Conversion upon Reverse Merger Transaction. If prior to the occurrence of a Payoff Event, an IPO, a Change in Control or a Qualified Financing (subject to the last sentence of Section 2(c) above), the Company completes a Reverse Merger Transaction, then this Note shall automatically convert into that number of fully paid and non-assessable shares of the combined company in the Reverse Merger Transaction whose shares are publicly traded in the United States or other jurisdiction following the completion of the Reverse Merger Transaction (the “Reverse Merger Parent”), determined by dividing an amount equal to One Hundred and Seventy-Five Percent (175%) times the Note Value divided by the per share price at which such shares are issued by the Reverse Merger Parent, in such Reverse Merger Transaction, rounded to the nearest whole share.
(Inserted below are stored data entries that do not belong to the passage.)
-- ===== src/Samples/Pages.antt =====
-- Views and renders: tests, and the theorems on small programs.
use sast_engine.Prelude.{
  ◌+◌, ◌||◌, ℕ, String, ◌≡◌, refl, Bool, true, false, Option, none, some, is_some, List, [], ◌∷◌,
  contains, insert, same, map, select, gather,
}
use sast_engine.Ir.{Function, Call, Value, Entry}
use sast_engine.CallGraph
use sast_engine.Reachdef.Split
use sast_engine.Taint.Index
use sast_engine.Views
use sast_engine.Views.{View, Include, ViewRead, Binding, Render}
use sast_engine.Views.Mapping
use sast_engine.Views.Mapping.{mapping}
use sast_engine.Views.Carries.{Carries}
use sast_engine.Views.Given.{mapping-IsGiven}
use sast_engine.Views.Latest
use sast_engine.Views.Latest.{mapping-last_write}
use sast_engine.Views.Reach
use sast_engine.Views.Reach.{reach, ReachedView}
use sast_engine.Views.Endless.{reach-endless}
use sast_engine.Views.Resolve
use sast_engine.Views.Join
use sast_engine.Views.Join.{Program, Report, join_views}
use sast_engine.Views.Joined.{Extended, join_views-Extended}
use sast_engine.Views.Counted.{calls_in, join_views-sinks}
use sast_engine.Samples.Programs.{function_of, nowhere}

abbrev value_of : String → List Entry → Value
value_of id entries = record {
  id = id;
  kind = "local";
  name = id;
  loc = nowhere;
  base = "";
  path = "";
  literal = "";
  entries = entries;
}

-- `ctx = {"query": q, "user": u}; ctx["user"] = name; render("page.html", ctx)`
abbrev search_page : Function
search_page = record (function_of []) {
  id = "search";
  values =
      value_of "q" []
      ∷ value_of "literal"
          (record { key = "query"; value_id = "q" } ∷ record { key = "user"; value_id = "u" } ∷ [])
      ∷ value_of "ctx" []
      ∷ [];
  flows = record { from = "literal"; to = "ctx"; kind = "assign"; loc = nowhere; block = "" } ∷ [];
  writes = record { base = "ctx"; path = "user"; from = "name" } ∷ [];
}

abbrev reading : String → Bool → ℕ → ViewRead
reading path escaped line = record {
  path = path;
  escaped = escaped;
  context = "";
  removed_at = none;
  loc = record nowhere { line = line };
}

-- `{% for hit in hits %}{% include "hit.html" %}{% endfor %}`
abbrev page : View
page = record {
  id = "page.html";
  extends = [];
  includes = record { view = "hit.html"; rebind = ("hit", "query.hits") ∷ [] } ∷ [];
  reads = reading "user" true 1 ∷ reading "query.text" false 2 ∷ reading "nothing" false 3 ∷ [];
}

abbrev hit : View
hit = record {
  id = "hit.html";
  extends = [];
  includes = [];
  reads = reading "hit.title" false 4 ∷ [];
}

abbrev program : Program
program = record {
  functions = search_page ∷ [];
  views = page ∷ hit ∷ [];
  renders =
      record {
        view = "page.html";
        name = "page.html";
        from_param = "";
        forwards_keywords = false;
        context_values = "ctx" ∷ [];
        function_id = "search";
        loc = nowhere;
        block = "";
        bindings = [];
      }
      ∷ [];
  views_joined = false;
}

-- the definitions that a test opens
unfoldable joining : Unit {0}
unfolding contains insert same select gather CallGraph.func_by_id Split.decimal Split.digit
    Index.last_value Index.value_by_id Index.owner_of_value Index.call_sites_of Views.no_names
    Views.bind Views.merge Mapping.callee_name Mapping.callee_functions Mapping.entry_names
    Mapping.keyword_names Mapping.written_names Mapping.flowed_names Mapping.returned_names
    Mapping.built_names Mapping.constructed Mapping.updated_names Mapping.call_names
    Mapping.literal_names Mapping.mapping Mapping.context_from Mapping.context Latest.last_write
    Reach.cut Reach.rebound Reach.rebind_path Reach.compose Reach.insert_key Reach.sort_keys
    Reach.written_pairs Reach.fingerprint Reach.view_by_id Reach.visit_key Reach.walk_each
    Reach.walk Reach.reach Resolve.bindings_of Resolve.insert_text Resolve.sort_texts
    Resolve.resolve_render Resolve.resolve_renders Resolve.trim_left Resolve.names_view
    Resolve.in_templates Resolve.only Resolve.resolve_name Join.new_id Join.sink_symbol
    Join.value_at Join.property_piece Join.marker_piece Join.sink_call Join.append_sink
    Join.change_last Join.write_sink Join.loc_string Join.sink_key Join.render_read
    Join.render_reads Join.render_views Join.render Join.render_all Join.is_left
    Join.resolved_renders Join.report_of Join.join_views
joining = tt

abbrev fns : List Function
fns = search_page ∷ []

names_of_ctx :
    (mapping fns 3 [] "ctx" "query" ≡ some "q") × (mapping fns 3 [] "ctx" "user" ≡ some "name")
unfolding joining
names_of_ctx = (refl, refl)

mapping-IsGiven_example : Carries fns "ctx" "query" "q"
mapping-IsGiven_example = mapping-IsGiven fns 3 [] "ctx" "query" "q" names_of_ctx.0

last_user : Latest.last_write "ctx" "user" search_page.writes ≡ some "name"
unfolding joining
last_user = refl

owns_ctx : Index.owner_of_value fns "ctx" ≡ some search_page
unfolding joining
owns_ctx = refl

ctx_goes_on : (same "ctx" "" || contains [] "ctx") ≡ false
unfolding joining
ctx_goes_on = refl

user_named : same "user" "" ≡ false
unfolding joining
user_named = refl

mapping-last_write_example : mapping fns 3 [] "ctx" "user" ≡ some "name"
mapping-last_write_example =
    mapping-last_write fns 2 [] "ctx" "user" "name" search_page ctx_goes_on owns_ctx user_named
      last_user

abbrev result : Option (Program × Report)
result = join_views 10 program

abbrev or_program : Option (Program × Report) → Program × Report
or_program none = (program, Join.report_of program 0 0)
or_program (some r) = r

or_program-some : (o : Option (Program × Report)) → is_some o ≡ true → o ≡ some (or_program o)
or_program-some none h = cc
or_program-some (some r) h = refl

abbrev joined : Program
joined = (or_program result).0

abbrev report : Report
report = (or_program result).1

-- the user, escaped; a field of the query, not escaped; and the field of the loop in the other view
joined_report : report ≡ record { views = 2; renders = 1; resolved = 1; sinks = 3 }
unfolding joining
joined_report = refl

abbrev symbols_of : List Function → List (List String)
symbols_of fns = map (λ (fn : Function). map (λ (c : Call). c.callee.symbol) fn.calls) fns

sinks_written :
    symbols_of joined.functions
    ≡ (("<template>.escaped" ∷ "<template>.unescaped" ∷ "<template>.unescaped" ∷ []) ∷ [])
unfolding joining
sinks_written = refl

finished : join_views 10 program ≡ some (joined, report)
unfolding joining
finished = or_program-some result refl

join_views-Extended_example :
    Extended program.functions joined.functions
    × (joined.views ≡ program.views)
    × (joined.renders ≡ program.renders)
    × ((again : ℕ) → join_views again joined ≡ some (joined, Join.report_of joined 0 0))
join_views-Extended_example = join_views-Extended 10 program joined report finished

join_views-sinks_example : calls_in joined.functions ≡ calls_in program.functions + report.sinks
join_views-sinks_example = join_views-sinks 10 program joined report finished

-- `{{ node.title }}{% for node in node.children %}{% include "tree.html" %}{% endfor %}`
abbrev tree : View
tree = record {
  id = "tree.html";
  extends = [];
  includes = record { view = "tree.html"; rebind = ("node", "node.children") ∷ [] } ∷ [];
  reads = reading "node.title" true 5 ∷ [];
}

tree_known : Reach.view_by_id (tree ∷ []) "tree.html" ≡ some tree
unfolding joining
tree_known = refl

tree_below : Reach.cut "node.children" ≡ ("node", "children")
unfolding joining
tree_below = refl

children_named : same "children" "" ≡ false
unfolding joining
children_named = refl

reach-endless_example : reach (tree ∷ []) 100 "tree.html" ≡ none
reach-endless_example =
    reach-endless (tree ∷ []) "tree.html" "node" "node.children" "children" tree tree_known refl
      refl tree_below children_named 100
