-- ===== src/Samples/Reaching.antt =====
-- Reaching definitions: the webhook whose value is replaced before it is read.
use sast_engine.Prelude.{
  ℕ, ◌<◌, String, ◌≡◌, refl, ◌≢◌, ◌⊎◌, none, some, false, List, [], ◌∷◌, length, get_elem?,
}
use mathlib.Core.List.{Memᴰ}
use sast_engine.Ir.{Flow, Function}
use sast_engine.Cfg.{Graph, graph_of, build}
use sast_engine.Cfg.Build.{IsGraph, build-IsGraph}
use sast_engine.Cfg.Paths.{EntryPath}
use sast_engine.Reachdef.{
  Use, Place, uses_of, reaching, reaching_from, survives, kills, can_reach, dominates_use,
  flow_uses, arg_uses, call_uses, definitions_of, checked_sites, is_param, defs_of, sites_in,
}
use sast_engine.Reachdef.Kill.{elem, IsOverwritten, reaching_sound}
use sast_engine.Reachdef.Split.{
  Rewrites, fresh, split_value, split_use, new_version, find_version, same_key, edges_to, rewire,
  version_name, decimal, digit, rewritten, rewritten_flows, rewritten_args, rewritten_calls,
  or_keep, split_values, run, run_all, replaced, split,
}
use sast_engine.Reachdef.Versions.{wired}
use sast_engine.Reachdef.Feeds.{split_value_sound}
use sast_engine.Reachdef.Recorded.{split_value-version_of}
use sast_engine.Samples.Programs.{webhook, edge_at, local}
use sast_engine.Samples.Graphs.{in_order, in_order-IsVisit, running}

abbrev hooked : Graph
hooked = graph_of in_order webhook

hooked-IsGraph : IsGraph hooked
unfolding build running
hooked-IsGraph = build-IsGraph in_order webhook hooked in_order-IsVisit refl

abbrev defs : List Flow
defs = edge_at "body" "event" 46 "start" ∷ edge_at "verified" "event" 56 "check" ∷ []

abbrev read_event : Use
read_event = record {
  block = "use";
  loc = record { file = "app.ts"; line = 62; column = 1 };
  place = Place.flow 2;
}

-- all that the tests compute with
splitting : Unit {0}
unfolding running build elem reaching reaching_from survives kills can_reach dominates_use uses_of
    flow_uses arg_uses call_uses definitions_of checked_sites is_param defs_of sites_in fresh
    split_value split_use new_version find_version same_key edges_to rewire version_name decimal
    digit rewritten rewritten_flows rewritten_args rewritten_calls or_keep split_values run run_all
    replaced split wired
splitting = tt

dead_definition : elem 0 (reaching hooked defs read_event) ≡ false
unfolding splitting
dead_definition = refl

reaching_sound_example :
    (j : ℕ) × (later : Flow) × (get_elem? defs j ≡ some later)
    × (j ≢ 0)
    × ((w : List String)
        → EntryPath hooked "use" w
        → (q : ℕ) × IsOverwritten w read_event (edge_at "body" "event" 46 "start") later q)
reaching_sound_example =
    reaching_sound hooked hooked-IsGraph defs read_event 0 (edge_at "body" "event" 46 "start") refl
      dead_definition

abbrev unsplit : Rewrites
unsplit = fresh (λ k. none)

rewired :
    wired (split_value webhook hooked (local "event") defs unsplit) (Place.flow 2)
    ≡ some "event#rd0"
unfolding splitting
rewired = refl

split_value_sound_example :
    (wired unsplit (Place.flow 2) ≡ some "event#rd0")
    ⊎ ((u : Use) × Memᴰ u (uses_of webhook "event")
        × (u.place ≡ Place.flow 2)
        × (0 < length (reaching hooked defs u))
        × (length (reaching hooked defs u) ≢ 2)
        × ((k : ℕ) (def : Flow)
            → get_elem? defs k ≡ some def
            → Memᴰ
                (record def { to = "event#rd0" })
                (split_value webhook hooked (local "event") defs unsplit).added
              ⊎ ((j : ℕ) × (later : Flow) × (get_elem? defs j ≡ some later)
                  × (j ≢ k)
                  × ((w : List String)
                      → EntryPath hooked u.block w
                      → (q : ℕ) × IsOverwritten w u def later q))))
split_value_sound_example =
    split_value_sound hooked hooked-IsGraph webhook (local "event") defs unsplit (Place.flow 2)
      "event#rd0" rewired

-- The read now has a version of its own, fed by the verified event alone.
abbrev split_webhook : Function
split_webhook = record webhook {
  values = local "event" ∷ record (local "event") { id = "event#rd0" } ∷ [];
  flows =
      edge_at "body" "event" 46 "start"
      ∷ edge_at "verified" "event" 56 "check"
      ∷ edge_at "event#rd0" "type" 62 "use"
      ∷ edge_at "verified" "event#rd0" 56 "check"
      ∷ [];
}

split_runs : (split in_order (webhook ∷ [])).0 ≡ split_webhook ∷ []
unfolding splitting
split_runs = refl

abbrev splitter : Rewrites
splitter = split_value webhook hooked (local "event") defs unsplit

split_value-version_of_example :
    (wired unsplit (Place.flow 2) ≡ some "event#rd0")
    ⊎ (splitter.version_of "event#rd0" ≡ some "event")
split_value-version_of_example =
    split_value-version_of webhook hooked (local "event") defs unsplit (Place.flow 2) "event#rd0"
      rewired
The Holder shall be entitled to the same contractual rights and be bound by the same restrictions and obligations as the other stockholders of the Company in the Reverse Merger Transaction. By acceptance of this Note, the Holder agrees to execute and deliver all documents and agreements necessary to evidence the grant of such rights to the Holder, and the imposition of such restrictions and obligations upon the Holder, as are executed by the other stockholders of the Company in the Reverse Merger Transaction on or before the initial issuance thereof. “Reverse Merger Transaction” means a reverse merger or similar transaction between the Company and a corporation whose securities are publicly traded in the United States or other jurisdiction.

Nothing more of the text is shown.